** What is being asked **
Search the material for the string "unfoldable" and copy each line where it occurs.

** Records supplied **
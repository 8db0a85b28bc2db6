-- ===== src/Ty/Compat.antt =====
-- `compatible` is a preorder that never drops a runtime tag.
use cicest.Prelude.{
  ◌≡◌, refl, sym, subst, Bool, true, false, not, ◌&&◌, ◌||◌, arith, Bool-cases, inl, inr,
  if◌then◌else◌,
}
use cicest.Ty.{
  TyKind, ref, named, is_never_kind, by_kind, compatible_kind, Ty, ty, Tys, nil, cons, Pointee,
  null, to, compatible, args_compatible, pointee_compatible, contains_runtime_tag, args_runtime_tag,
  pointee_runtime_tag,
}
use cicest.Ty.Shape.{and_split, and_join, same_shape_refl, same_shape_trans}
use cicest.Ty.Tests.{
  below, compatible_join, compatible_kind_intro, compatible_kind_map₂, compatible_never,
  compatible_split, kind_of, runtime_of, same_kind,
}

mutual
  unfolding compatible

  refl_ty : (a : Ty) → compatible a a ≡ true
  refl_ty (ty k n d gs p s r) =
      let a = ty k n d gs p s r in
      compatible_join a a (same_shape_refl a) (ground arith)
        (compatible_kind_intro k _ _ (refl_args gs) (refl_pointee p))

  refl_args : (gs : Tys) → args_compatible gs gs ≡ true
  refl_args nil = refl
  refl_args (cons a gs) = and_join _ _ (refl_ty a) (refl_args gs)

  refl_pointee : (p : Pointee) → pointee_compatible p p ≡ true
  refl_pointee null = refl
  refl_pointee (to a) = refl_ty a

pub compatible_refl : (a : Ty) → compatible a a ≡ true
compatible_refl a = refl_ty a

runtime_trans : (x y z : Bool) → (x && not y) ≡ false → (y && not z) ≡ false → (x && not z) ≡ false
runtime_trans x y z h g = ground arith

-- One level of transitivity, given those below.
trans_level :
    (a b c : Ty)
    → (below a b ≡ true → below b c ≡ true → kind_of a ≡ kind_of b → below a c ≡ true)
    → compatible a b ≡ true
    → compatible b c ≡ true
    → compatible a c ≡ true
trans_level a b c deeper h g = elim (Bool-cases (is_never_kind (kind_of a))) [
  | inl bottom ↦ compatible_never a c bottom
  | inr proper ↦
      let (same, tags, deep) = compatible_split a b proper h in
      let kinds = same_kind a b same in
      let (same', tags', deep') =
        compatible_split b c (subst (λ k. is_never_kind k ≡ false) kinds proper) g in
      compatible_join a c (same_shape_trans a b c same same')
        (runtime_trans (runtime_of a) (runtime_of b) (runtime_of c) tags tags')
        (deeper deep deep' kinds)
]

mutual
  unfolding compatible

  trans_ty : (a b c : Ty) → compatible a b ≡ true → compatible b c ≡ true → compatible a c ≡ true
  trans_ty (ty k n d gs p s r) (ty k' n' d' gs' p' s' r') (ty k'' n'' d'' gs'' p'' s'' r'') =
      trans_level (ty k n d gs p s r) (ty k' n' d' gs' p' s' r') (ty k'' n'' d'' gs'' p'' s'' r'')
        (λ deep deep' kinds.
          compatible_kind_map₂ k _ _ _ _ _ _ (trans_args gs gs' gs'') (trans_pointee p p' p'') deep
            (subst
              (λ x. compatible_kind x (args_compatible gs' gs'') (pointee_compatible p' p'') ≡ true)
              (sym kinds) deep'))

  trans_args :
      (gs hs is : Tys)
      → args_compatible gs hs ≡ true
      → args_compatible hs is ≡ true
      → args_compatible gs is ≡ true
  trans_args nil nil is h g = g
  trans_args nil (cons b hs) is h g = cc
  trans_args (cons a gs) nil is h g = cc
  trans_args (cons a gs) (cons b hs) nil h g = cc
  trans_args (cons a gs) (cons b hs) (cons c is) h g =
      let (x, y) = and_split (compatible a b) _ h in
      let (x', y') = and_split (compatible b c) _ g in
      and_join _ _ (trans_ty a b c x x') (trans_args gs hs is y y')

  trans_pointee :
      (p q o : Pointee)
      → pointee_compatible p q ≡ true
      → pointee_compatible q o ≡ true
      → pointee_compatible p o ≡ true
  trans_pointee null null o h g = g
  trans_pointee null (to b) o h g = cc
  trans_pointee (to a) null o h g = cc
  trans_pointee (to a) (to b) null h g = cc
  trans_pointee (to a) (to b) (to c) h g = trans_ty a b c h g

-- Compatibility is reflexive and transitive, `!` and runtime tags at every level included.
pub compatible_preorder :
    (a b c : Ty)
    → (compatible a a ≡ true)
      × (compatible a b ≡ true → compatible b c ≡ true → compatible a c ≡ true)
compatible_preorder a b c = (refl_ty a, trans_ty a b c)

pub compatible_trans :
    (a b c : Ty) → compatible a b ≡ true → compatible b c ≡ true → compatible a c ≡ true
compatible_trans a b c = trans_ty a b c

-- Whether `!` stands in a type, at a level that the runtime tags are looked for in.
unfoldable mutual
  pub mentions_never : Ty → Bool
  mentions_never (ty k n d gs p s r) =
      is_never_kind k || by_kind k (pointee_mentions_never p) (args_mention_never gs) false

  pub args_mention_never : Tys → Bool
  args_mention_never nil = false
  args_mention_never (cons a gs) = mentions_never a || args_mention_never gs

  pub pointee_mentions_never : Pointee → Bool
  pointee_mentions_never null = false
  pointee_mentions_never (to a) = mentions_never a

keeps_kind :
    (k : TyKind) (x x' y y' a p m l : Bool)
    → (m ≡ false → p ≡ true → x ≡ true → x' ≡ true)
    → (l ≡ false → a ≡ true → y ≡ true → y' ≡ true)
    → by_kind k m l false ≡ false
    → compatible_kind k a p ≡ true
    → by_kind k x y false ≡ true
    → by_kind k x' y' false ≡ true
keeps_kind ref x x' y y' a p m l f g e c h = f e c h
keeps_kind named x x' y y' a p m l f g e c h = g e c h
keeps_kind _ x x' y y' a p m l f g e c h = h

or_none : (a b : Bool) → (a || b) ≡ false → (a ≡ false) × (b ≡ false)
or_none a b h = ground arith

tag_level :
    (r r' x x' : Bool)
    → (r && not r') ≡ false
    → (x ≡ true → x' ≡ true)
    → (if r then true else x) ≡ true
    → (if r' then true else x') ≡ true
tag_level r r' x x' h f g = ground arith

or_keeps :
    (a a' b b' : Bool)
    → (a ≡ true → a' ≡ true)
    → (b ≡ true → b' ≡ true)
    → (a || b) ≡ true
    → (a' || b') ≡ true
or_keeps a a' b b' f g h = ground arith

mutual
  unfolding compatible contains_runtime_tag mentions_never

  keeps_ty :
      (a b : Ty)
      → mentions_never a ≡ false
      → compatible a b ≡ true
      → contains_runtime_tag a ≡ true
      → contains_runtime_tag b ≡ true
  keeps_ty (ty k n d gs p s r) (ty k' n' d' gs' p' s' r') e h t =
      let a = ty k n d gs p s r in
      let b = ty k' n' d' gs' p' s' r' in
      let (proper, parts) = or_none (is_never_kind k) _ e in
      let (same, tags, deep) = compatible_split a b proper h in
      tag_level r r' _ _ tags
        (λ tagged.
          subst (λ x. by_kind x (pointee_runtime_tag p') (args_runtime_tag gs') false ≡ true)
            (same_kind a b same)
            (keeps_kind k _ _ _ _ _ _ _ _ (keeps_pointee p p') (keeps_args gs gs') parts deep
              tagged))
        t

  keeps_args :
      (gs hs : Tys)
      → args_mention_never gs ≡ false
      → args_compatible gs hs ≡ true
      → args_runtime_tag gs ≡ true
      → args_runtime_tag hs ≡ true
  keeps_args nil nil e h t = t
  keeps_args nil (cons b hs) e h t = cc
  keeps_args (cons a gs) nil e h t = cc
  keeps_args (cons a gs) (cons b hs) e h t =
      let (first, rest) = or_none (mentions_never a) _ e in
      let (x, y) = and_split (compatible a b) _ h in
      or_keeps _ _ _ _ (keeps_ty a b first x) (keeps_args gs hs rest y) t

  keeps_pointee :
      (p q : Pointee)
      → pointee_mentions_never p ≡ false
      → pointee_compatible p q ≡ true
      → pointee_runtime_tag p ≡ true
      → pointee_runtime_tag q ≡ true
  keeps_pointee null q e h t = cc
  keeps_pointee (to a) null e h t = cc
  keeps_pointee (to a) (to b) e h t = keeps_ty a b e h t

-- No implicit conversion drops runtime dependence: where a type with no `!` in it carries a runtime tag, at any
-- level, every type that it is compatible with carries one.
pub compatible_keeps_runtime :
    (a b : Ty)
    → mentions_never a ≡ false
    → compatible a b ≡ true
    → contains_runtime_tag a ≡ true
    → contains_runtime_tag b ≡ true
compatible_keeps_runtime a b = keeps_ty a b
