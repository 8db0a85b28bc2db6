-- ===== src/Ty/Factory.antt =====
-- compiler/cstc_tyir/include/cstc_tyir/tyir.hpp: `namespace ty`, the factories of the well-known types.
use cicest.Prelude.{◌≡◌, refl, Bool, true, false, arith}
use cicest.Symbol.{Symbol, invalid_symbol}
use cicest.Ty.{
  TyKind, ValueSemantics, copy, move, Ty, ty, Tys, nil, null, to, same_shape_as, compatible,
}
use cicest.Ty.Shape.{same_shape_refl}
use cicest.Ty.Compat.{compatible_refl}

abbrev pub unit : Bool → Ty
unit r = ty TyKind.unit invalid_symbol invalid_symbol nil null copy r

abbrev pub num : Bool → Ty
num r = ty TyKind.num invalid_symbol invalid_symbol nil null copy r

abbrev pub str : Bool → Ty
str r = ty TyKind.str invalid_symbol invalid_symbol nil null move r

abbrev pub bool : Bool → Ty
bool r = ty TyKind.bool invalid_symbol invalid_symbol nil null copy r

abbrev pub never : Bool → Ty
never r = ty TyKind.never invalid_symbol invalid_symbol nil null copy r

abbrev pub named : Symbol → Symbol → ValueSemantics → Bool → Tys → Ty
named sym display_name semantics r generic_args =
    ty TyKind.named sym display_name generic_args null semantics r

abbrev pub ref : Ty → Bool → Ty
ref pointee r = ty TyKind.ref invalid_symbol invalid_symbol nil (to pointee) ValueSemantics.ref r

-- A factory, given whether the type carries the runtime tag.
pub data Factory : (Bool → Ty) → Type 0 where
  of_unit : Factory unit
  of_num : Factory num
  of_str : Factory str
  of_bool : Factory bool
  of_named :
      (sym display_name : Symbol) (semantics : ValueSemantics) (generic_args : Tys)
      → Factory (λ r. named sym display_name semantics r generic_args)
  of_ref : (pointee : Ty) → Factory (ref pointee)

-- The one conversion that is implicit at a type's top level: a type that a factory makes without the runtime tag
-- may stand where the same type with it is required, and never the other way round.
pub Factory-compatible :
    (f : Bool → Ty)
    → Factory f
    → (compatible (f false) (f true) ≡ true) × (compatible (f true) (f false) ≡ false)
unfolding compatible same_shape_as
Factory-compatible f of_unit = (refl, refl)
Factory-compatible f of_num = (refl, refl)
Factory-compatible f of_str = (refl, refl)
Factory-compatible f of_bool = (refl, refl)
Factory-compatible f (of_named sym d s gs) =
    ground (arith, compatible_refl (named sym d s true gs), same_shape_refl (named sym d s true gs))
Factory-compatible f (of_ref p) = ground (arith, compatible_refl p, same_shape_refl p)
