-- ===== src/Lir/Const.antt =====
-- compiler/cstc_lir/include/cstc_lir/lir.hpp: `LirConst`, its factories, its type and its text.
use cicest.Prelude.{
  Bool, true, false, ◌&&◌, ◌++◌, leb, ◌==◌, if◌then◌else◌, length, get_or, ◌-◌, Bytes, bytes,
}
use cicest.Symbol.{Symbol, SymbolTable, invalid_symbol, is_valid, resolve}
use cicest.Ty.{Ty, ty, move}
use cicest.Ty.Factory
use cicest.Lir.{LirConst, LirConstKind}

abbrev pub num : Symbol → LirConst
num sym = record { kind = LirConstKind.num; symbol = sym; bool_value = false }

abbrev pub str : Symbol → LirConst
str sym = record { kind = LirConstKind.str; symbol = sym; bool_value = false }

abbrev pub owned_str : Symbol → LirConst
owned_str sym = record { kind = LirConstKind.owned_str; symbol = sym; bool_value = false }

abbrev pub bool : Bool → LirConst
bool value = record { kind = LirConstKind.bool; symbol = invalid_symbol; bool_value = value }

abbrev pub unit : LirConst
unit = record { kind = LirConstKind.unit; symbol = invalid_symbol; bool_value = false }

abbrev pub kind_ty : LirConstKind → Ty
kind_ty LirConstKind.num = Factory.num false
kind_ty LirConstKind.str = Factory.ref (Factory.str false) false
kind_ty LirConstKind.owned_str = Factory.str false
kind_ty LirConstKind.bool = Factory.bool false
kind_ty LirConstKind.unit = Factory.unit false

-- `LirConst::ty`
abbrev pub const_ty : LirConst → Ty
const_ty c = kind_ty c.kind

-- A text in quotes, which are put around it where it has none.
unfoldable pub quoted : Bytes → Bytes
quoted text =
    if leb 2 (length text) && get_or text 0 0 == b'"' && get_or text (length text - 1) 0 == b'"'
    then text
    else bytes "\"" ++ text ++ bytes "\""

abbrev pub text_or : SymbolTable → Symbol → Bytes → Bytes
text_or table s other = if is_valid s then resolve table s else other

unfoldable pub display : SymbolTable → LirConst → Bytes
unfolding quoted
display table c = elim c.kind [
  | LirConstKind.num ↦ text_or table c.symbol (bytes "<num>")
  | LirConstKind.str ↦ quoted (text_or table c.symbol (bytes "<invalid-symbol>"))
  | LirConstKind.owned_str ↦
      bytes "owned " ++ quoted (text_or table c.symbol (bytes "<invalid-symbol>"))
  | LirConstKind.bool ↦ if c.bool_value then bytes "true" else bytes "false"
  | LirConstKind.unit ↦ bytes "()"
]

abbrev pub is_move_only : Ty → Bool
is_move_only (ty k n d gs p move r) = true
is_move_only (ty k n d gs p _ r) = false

** Answer box **
unfoldable mutual
unfoldable pub quoted : Bytes → Bytes
unfoldable pub display : SymbolTable → LirConst → Bytes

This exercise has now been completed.